Just curious to know if anyone out there has tips for helping students develop the ability to appraise arguments by analogy. Analogies are of course all over in philosophy, especially in ethics, but many of my students struggle to understand how analogies are supposed to support their conclusions and how one might go about criticizing a parcel of analogical reasoning.


Here's one problem in particular that students seem to have. Analogical reasoning procceds by arguing that, because A has feature(s) F and G, and B has feature(s)F, then B has feature G. That's a great simplification of course, but it captures the gist of such reasoning. Many students try to criticize analogical reasoning by pointing out some difference or other between A and B, but the difference they point out doesn't seem to undermine the analogy. (Thomson's abortion article comes to mind here; students are good at pointing out differences between the fetus-mother situation and the violinist-plug in situation, but many of the differences they cite don't do much to undermine what, according to Thomson, is analogous about these two situations). It's as if students fail to appreciate what an analogy is, since they think that one can show an analogy to be weak simply by pointing to any difference at all between the two items. But of course, if there weren't some differences between the analogized items, they would stand in a relation of identity and we wouldn't need to invoke an analogy!

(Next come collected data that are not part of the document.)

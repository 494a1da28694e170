-- ===== src/Graph/Store/Inversion.antt =====
-- What a call of the writer that succeeds has checked and done (internal/graph/graph.go).
use interactivecodebase.Base.{◌≡◌, ◌≢◌, String, true, ok, arith, Result-cases, inl, inr}
use interactivecodebase.Graph.Kinds.{node_kind_valid, edge_kind_valid}
use interactivecodebase.Graph.Model.{Node, Edge, Json, encode_attrs}
use interactivecodebase.Graph.Store.{
  Tables, upsert, insert_edge, node_row, edge_row, add_node, add_edge,
}

module _ (j : Json) where
  pub add_node-eq-ok :
      (n : Node) (t t' : Tables)
      → add_node j n t ≡ ok t'
      → (s : String) × (encode_attrs j n.attrs ≡ ok s)
        × (n.id ≢ "")
        × (node_kind_valid n.kind ≡ true)
        × (t' ≡ record t { nodes = upsert (node_row n s) t.nodes })
  unfolding add_node
  add_node-eq-ok n t t' h = elim (Result-cases (encode_attrs j n.attrs)) [
    | inl (e, bad) ↦ absurd (ground arith)
    | inr (s, good) ↦ (s, good, ground arith, ground arith, ground arith)
  ]

  pub add_edge-eq-ok :
      (e : Edge) (t t' : Tables)
      → add_edge j e t ≡ ok t'
      → (s : String) × (encode_attrs j e.attrs ≡ ok s)
        × (edge_kind_valid e.kind ≡ true)
        × (insert_edge (edge_row e s) t ≡ ok t')
  unfolding add_edge
  add_edge-eq-ok e t t' h = elim (Result-cases (encode_attrs j e.attrs)) [
    | inl (x, bad) ↦ absurd (ground arith)
    | inr (s, good) ↦ (s, good, ground arith, ground arith)
  ]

But that's just symptomatic of a larger struggle my students seem to have with figuring out what's going on in analogical reasoning and how to critically engage such reasoning. Any thoughts or tips?

7 comments:

  1. On occasion, I ask them to make their own arguments from analogy -- which gives them some charity in their interpretations of others...

    Otherwise, I do what you seem to do -- in that I ask them why they think their objection to the analogy takes out the argument?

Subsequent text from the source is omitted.